- EXERCISE PROMPT
Print all of the data exactly, with no line missing.
Start of THE INPUT
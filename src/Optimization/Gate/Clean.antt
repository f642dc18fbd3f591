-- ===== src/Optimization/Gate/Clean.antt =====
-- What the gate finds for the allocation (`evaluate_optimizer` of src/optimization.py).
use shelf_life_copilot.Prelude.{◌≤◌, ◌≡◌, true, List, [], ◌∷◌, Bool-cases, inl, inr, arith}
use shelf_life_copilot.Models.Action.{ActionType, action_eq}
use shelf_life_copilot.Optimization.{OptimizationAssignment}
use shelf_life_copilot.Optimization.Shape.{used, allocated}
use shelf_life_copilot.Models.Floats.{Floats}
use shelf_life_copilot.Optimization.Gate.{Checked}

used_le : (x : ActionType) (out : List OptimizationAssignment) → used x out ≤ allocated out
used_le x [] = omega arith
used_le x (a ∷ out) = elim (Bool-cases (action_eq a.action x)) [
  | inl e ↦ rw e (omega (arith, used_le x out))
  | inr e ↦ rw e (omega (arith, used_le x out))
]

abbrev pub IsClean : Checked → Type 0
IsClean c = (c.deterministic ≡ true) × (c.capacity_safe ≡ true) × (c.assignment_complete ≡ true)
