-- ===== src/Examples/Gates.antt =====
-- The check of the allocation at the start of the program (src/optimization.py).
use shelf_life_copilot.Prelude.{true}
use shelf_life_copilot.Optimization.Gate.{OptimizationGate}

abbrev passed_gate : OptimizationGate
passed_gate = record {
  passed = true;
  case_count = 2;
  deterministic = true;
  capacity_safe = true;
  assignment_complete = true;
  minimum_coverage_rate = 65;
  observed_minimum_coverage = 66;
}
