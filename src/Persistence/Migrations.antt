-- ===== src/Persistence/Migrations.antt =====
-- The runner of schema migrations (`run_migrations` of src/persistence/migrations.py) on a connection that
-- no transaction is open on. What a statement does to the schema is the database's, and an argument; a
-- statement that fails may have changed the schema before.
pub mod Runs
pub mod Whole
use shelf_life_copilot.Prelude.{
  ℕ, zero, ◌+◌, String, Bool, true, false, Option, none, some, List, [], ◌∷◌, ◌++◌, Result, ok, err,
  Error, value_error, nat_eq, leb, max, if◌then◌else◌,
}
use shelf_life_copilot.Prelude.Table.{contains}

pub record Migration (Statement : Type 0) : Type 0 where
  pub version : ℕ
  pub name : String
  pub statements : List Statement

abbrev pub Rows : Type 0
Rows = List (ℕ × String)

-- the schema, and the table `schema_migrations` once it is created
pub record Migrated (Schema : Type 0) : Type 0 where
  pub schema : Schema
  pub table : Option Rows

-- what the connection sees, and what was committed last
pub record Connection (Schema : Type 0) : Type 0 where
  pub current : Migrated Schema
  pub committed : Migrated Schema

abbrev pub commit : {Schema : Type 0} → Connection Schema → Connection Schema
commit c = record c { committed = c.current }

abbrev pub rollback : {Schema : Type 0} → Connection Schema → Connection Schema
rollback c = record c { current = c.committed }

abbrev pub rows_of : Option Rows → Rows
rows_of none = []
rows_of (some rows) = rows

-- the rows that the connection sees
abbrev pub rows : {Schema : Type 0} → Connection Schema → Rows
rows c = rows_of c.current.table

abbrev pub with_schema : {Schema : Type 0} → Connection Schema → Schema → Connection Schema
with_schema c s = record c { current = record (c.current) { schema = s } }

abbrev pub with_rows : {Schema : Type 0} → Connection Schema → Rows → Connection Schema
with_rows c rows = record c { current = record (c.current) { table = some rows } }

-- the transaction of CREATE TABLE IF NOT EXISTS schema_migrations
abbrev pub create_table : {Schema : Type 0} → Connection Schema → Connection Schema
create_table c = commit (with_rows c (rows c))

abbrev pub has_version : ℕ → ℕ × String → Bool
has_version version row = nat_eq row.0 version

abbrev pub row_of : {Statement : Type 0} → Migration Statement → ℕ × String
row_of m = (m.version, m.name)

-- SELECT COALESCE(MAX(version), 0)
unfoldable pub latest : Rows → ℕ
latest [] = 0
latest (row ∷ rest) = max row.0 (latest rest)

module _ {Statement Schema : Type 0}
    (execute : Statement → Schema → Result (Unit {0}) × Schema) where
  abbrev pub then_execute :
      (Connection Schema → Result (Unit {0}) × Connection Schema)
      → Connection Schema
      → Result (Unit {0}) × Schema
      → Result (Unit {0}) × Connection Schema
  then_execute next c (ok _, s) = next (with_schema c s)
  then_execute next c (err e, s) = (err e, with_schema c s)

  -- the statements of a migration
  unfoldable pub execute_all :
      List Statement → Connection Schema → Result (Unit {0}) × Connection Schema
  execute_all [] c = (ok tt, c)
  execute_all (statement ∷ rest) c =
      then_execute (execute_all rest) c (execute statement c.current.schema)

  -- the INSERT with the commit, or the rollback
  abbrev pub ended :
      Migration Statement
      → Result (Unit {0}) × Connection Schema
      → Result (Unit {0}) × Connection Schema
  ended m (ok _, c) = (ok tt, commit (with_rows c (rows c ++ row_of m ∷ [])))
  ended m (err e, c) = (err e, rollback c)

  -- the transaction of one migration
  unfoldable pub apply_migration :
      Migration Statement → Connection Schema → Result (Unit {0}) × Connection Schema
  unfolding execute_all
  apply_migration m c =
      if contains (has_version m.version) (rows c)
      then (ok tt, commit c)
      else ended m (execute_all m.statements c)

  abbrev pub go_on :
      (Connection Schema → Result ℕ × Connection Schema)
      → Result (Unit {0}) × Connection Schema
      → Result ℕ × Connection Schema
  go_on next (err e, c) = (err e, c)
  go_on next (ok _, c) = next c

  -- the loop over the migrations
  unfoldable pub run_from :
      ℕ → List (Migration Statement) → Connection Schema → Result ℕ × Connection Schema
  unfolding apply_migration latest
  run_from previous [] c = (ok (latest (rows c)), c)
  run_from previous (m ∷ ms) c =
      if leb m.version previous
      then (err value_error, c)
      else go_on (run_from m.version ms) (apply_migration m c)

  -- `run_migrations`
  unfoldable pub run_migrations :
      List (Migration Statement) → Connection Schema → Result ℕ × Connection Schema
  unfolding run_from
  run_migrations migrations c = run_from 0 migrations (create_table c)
End of THE INPUT
- SOLVED PROBLEM
filename src/Optimization/Gate/Clean.antt
repository f642dc18fbd3f591
-- ===== src/Optimization/Gate/Clean.antt =====
-- What the gate finds for the allocation (`evaluate_optimizer` of src/optimization.py).
use shelf_life_copilot.Prelude.{◌≤◌, ◌≡◌, true, List, [], ◌∷◌, Bool-cases, inl, inr, arith}
use shelf_life_copilot.Models.Action.{ActionType, action_eq}
use shelf_life_copilot.Optimization.{OptimizationAssignment}
use shelf_life_copilot.Optimization.Shape.{used, allocated}
use shelf_life_copilot.Models.Floats.{Floats}
use shelf_life_copilot.Optimization.Gate.{Checked}

used_le : (x : ActionType) (out : List OptimizationAssignment) → used x out ≤ allocated out
used_le x [] = omega arith
used_le x (a ∷ out) = elim (Bool-cases (action_eq a.action x)) [
  | inl e ↦ rw e (omega (arith, used_le x out))
  | inr e ↦ rw e (omega (arith, used_le x out))
]

abbrev pub IsClean : Checked → Type 0
IsClean c = (c.deterministic ≡ true) × (c.capacity_safe ≡ true) × (c.assignment_complete ≡ true)
-- ===== src/Examples/Gates.antt =====
-- The check of the allocation at the start of the program (src/optimization.py).
use shelf_life_copilot.Prelude.{true}
use shelf_life_copilot.Optimization.Gate.{OptimizationGate}

abbrev passed_gate : OptimizationGate
passed_gate = record {
  passed = true;
  case_count = 2;
  deterministic = true;
  capacity_safe = true;
  assignment_complete = true;
  minimum_coverage_rate = 65;
  observed_minimum_coverage = 66;
}
filename src/Persistence/Migrations.antt
-- ===== src/Persistence/Migrations.antt =====
-- The runner of schema migrations (`run_migrations` of src/persistence/migrations.py) on a connection that
-- no transaction is open on. What a statement does to the schema is the database's, and an argument; a
-- statement that fails may have changed the schema before.
pub mod Runs
pub mod Whole
use shelf_life_copilot.Prelude.{
  ℕ, zero, ◌+◌, String, Bool, true, false, Option, none, some, List, [], ◌∷◌, ◌++◌, Result, ok, err,
  Error, value_error, nat_eq, leb, max, if◌then◌else◌,
}
use shelf_life_copilot.Prelude.Table.{contains}

pub record Migration (Statement : Type 0) : Type 0 where
  pub version : ℕ
  pub name : String
  pub statements : List Statement

abbrev pub Rows : Type 0
Rows = List (ℕ × String)

-- the schema, and the table `schema_migrations` once it is created
pub record Migrated (Schema : Type 0) : Type 0 where
  pub schema : Schema
  pub table : Option Rows

-- what the connection sees, and what was committed last
pub record Connection (Schema : Type 0) : Type 0 where
  pub current : Migrated Schema
  pub committed : Migrated Schema

abbrev pub commit : {Schema : Type 0} → Connection Schema → Connection Schema
commit c = record c { committed = c.current }

abbrev pub rollback : {Schema : Type 0} → Connection Schema → Connection Schema
rollback c = record c { current = c.committed }

abbrev pub rows_of : Option Rows → Rows
rows_of none = []
rows_of (some rows) = rows

-- the rows that the connection sees
abbrev pub rows : {Schema : Type 0} → Connection Schema → Rows
rows c = rows_of c.current.table

abbrev pub with_schema : {Schema : Type 0} → Connection Schema → Schema → Connection Schema
with_schema c s = record c { current = record (c.current) { schema = s } }

abbrev pub with_rows : {Schema : Type 0} → Connection Schema → Rows → Connection Schema
with_rows c rows = record c { current = record (c.current) { table = some rows } }

-- the transaction of CREATE TABLE IF NOT EXISTS schema_migrations
abbrev pub create_table : {Schema : Type 0} → Connection Schema → Connection Schema
create_table c = commit (with_rows c (rows c))

abbrev pub has_version : ℕ → ℕ × String → Bool
has_version version row = nat_eq row.0 version

abbrev pub row_of : {Statement : Type 0} → Migration Statement → ℕ × String
row_of m = (m.version, m.name)

-- SELECT COALESCE(MAX(version), 0)
unfoldable pub latest : Rows → ℕ
latest [] = 0
latest (row ∷ rest) = max row.0 (latest rest)

module _ {Statement Schema : Type 0}
    (execute : Statement → Schema → Result (Unit {0}) × Schema) where
  abbrev pub then_execute :
      (Connection Schema → Result (Unit {0}) × Connection Schema)
      → Connection Schema
      → Result (Unit {0}) × Schema
      → Result (Unit {0}) × Connection Schema
  then_execute next c (ok _, s) = next (with_schema c s)
  then_execute next c (err e, s) = (err e, with_schema c s)

  -- the statements of a migration
  unfoldable pub execute_all :
      List Statement → Connection Schema → Result (Unit {0}) × Connection Schema
  execute_all [] c = (ok tt, c)
  execute_all (statement ∷ rest) c =
      then_execute (execute_all rest) c (execute statement c.current.schema)

  -- the INSERT with the commit, or the rollback
  abbrev pub ended :
      Migration Statement
      → Result (Unit {0}) × Connection Schema
      → Result (Unit {0}) × Connection Schema
  ended m (ok _, c) = (ok tt, commit (with_rows c (rows c ++ row_of m ∷ [])))
  ended m (err e, c) = (err e, rollback c)

  -- the transaction of one migration
  unfoldable pub apply_migration :
      Migration Statement → Connection Schema → Result (Unit {0}) × Connection Schema
  unfolding execute_all
  apply_migration m c =
      if contains (has_version m.version) (rows c)
      then (ok tt, commit c)
      else ended m (execute_all m.statements c)

  abbrev pub go_on :
      (Connection Schema → Result ℕ × Connection Schema)
      → Result (Unit {0}) × Connection Schema
      → Result ℕ × Connection Schema
  go_on next (err e, c) = (err e, c)
  go_on next (ok _, c) = next c

  -- the loop over the migrations
  unfoldable pub run_from :
      ℕ → List (Migration Statement) → Connection Schema → Result ℕ × Connection Schema
  unfolding apply_migration latest
  run_from previous [] c = (ok (latest (rows c)), c)
  run_from previous (m ∷ ms) c =
      if leb m.version previous
      then (err value_error, c)
      else go_on (run_from m.version ms) (apply_migration m c)

  -- `run_migrations`
  unfoldable pub run_migrations :
      List (Migration Statement) → Connection Schema → Result ℕ × Connection Schema
  unfolding run_from
  run_migrations migrations c = run_from 0 migrations (create_table c)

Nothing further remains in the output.